**ASSIGNMENT**: Through the line that contains "All P (x ∷ xs) = P x × All P xs", return the data below exactly, starting at its first line; leave the rest out.

**THE DATA**:
---------------

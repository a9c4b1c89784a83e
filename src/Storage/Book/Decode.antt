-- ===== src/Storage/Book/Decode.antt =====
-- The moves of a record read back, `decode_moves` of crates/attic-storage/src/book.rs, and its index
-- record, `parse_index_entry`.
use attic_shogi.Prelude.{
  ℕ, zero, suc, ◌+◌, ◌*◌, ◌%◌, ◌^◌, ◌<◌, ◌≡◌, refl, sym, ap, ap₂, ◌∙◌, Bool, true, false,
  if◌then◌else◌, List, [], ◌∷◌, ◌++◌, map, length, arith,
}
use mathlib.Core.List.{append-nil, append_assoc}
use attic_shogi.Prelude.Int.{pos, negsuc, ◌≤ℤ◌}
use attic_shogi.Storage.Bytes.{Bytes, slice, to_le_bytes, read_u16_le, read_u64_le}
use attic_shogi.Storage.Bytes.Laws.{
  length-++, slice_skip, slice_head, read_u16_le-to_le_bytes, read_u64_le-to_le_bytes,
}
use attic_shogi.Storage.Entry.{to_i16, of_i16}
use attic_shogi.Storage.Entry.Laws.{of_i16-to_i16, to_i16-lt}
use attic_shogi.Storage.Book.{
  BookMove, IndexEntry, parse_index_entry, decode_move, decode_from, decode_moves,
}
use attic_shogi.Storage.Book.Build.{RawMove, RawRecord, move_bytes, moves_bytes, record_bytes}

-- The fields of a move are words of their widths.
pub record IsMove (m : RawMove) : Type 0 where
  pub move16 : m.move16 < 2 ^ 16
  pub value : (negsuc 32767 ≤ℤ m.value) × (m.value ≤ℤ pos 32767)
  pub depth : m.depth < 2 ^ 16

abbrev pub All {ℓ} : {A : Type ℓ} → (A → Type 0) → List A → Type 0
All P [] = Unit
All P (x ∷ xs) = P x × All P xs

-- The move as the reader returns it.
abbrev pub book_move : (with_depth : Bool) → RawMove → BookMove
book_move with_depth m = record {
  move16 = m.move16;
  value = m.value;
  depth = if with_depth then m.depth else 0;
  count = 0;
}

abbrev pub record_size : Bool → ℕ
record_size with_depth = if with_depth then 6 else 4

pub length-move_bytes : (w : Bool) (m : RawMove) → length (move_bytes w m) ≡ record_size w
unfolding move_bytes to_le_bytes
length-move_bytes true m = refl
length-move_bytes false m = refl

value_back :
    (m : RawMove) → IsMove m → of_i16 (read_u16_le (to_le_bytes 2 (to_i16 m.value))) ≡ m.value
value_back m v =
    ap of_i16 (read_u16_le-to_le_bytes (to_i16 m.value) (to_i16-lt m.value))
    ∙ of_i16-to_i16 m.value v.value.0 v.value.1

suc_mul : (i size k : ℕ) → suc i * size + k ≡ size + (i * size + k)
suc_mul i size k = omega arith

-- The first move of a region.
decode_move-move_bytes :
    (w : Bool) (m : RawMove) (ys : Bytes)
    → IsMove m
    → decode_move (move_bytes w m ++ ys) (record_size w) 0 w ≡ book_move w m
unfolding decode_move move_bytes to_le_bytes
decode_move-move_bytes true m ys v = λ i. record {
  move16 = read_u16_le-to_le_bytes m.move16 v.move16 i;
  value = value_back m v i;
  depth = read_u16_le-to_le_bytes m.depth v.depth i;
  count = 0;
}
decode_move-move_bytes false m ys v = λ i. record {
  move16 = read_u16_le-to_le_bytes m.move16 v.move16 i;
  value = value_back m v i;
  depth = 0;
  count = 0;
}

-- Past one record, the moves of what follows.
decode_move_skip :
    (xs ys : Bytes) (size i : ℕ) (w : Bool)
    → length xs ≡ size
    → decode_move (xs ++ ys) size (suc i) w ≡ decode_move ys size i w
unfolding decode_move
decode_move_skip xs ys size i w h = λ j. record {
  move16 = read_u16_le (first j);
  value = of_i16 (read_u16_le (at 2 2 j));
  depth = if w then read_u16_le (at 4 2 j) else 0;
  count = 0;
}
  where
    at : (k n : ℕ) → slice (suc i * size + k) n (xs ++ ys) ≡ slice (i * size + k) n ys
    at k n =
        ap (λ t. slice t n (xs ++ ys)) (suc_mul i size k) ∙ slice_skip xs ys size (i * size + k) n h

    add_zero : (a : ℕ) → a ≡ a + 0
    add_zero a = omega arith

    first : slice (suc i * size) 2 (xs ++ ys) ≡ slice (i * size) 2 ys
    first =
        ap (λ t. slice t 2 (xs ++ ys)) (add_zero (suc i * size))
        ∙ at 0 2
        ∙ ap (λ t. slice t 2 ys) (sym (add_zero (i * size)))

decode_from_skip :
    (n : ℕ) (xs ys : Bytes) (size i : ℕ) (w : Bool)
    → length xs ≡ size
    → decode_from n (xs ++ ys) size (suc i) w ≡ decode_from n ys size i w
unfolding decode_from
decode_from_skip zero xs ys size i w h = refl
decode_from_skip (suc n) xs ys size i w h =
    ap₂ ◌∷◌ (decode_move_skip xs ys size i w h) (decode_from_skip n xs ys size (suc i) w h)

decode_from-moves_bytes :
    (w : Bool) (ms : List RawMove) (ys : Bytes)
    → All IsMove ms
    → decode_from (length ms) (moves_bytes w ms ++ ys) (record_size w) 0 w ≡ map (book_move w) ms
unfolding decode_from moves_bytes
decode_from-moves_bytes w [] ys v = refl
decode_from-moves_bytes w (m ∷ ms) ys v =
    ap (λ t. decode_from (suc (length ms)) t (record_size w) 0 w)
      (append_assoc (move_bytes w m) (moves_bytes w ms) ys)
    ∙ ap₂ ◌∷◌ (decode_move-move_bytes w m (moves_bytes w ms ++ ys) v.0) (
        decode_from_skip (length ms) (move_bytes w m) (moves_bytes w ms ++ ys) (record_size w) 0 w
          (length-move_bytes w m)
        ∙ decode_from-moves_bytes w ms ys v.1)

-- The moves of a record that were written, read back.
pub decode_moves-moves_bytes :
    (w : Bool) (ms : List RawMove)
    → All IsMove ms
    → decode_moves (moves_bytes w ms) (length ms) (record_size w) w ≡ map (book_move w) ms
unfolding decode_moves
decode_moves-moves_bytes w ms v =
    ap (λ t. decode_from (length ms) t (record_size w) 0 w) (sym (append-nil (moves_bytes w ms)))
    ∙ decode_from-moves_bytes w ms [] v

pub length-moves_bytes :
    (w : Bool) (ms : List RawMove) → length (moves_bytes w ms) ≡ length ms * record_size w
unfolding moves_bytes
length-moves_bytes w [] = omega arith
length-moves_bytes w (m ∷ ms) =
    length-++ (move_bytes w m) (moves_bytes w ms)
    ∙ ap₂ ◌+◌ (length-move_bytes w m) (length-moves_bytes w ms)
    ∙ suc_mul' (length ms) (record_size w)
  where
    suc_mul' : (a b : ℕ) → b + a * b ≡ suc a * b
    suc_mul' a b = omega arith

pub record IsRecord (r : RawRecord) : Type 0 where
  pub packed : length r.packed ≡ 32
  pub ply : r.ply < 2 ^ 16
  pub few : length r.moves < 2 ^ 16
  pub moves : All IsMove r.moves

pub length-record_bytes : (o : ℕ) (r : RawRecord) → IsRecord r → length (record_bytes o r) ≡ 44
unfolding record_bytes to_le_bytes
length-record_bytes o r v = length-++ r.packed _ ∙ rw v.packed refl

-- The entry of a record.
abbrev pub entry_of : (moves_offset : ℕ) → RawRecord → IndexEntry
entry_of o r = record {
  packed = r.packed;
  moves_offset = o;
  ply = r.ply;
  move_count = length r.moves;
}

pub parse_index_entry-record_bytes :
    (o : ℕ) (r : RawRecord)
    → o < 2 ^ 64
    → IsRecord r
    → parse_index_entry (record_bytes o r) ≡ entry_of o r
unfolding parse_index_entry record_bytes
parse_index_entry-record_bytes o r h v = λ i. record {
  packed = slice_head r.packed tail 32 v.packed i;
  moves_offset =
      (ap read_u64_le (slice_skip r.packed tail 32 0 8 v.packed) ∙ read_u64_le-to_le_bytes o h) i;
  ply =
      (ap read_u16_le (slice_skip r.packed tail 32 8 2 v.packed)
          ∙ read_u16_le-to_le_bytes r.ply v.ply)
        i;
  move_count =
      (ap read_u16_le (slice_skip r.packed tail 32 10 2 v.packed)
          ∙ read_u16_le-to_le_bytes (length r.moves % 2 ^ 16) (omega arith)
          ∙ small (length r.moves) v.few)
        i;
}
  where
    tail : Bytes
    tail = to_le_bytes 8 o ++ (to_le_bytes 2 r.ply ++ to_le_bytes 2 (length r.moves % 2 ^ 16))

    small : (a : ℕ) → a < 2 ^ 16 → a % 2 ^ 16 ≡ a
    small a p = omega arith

---------------

**RESULT OF THE EXERCISE**:
repository a9c4b1c89784a83e
filename src/Storage/Book/Decode.antt
-- ===== src/Storage/Book/Decode.antt =====
-- The moves of a record read back, `decode_moves` of crates/attic-storage/src/book.rs, and its index
-- record, `parse_index_entry`.
use attic_shogi.Prelude.{
  ℕ, zero, suc, ◌+◌, ◌*◌, ◌%◌, ◌^◌, ◌<◌, ◌≡◌, refl, sym, ap, ap₂, ◌∙◌, Bool, true, false,
  if◌then◌else◌, List, [], ◌∷◌, ◌++◌, map, length, arith,
}
use mathlib.Core.List.{append-nil, append_assoc}
use attic_shogi.Prelude.Int.{pos, negsuc, ◌≤ℤ◌}
use attic_shogi.Storage.Bytes.{Bytes, slice, to_le_bytes, read_u16_le, read_u64_le}
use attic_shogi.Storage.Bytes.Laws.{
  length-++, slice_skip, slice_head, read_u16_le-to_le_bytes, read_u64_le-to_le_bytes,
}
use attic_shogi.Storage.Entry.{to_i16, of_i16}
use attic_shogi.Storage.Entry.Laws.{of_i16-to_i16, to_i16-lt}
use attic_shogi.Storage.Book.{
  BookMove, IndexEntry, parse_index_entry, decode_move, decode_from, decode_moves,
}
use attic_shogi.Storage.Book.Build.{RawMove, RawRecord, move_bytes, moves_bytes, record_bytes}

-- The fields of a move are words of their widths.
pub record IsMove (m : RawMove) : Type 0 where
  pub move16 : m.move16 < 2 ^ 16
  pub value : (negsuc 32767 ≤ℤ m.value) × (m.value ≤ℤ pos 32767)
  pub depth : m.depth < 2 ^ 16

abbrev pub All {ℓ} : {A : Type ℓ} → (A → Type 0) → List A → Type 0
All P [] = Unit
All P (x ∷ xs) = P x × All P xs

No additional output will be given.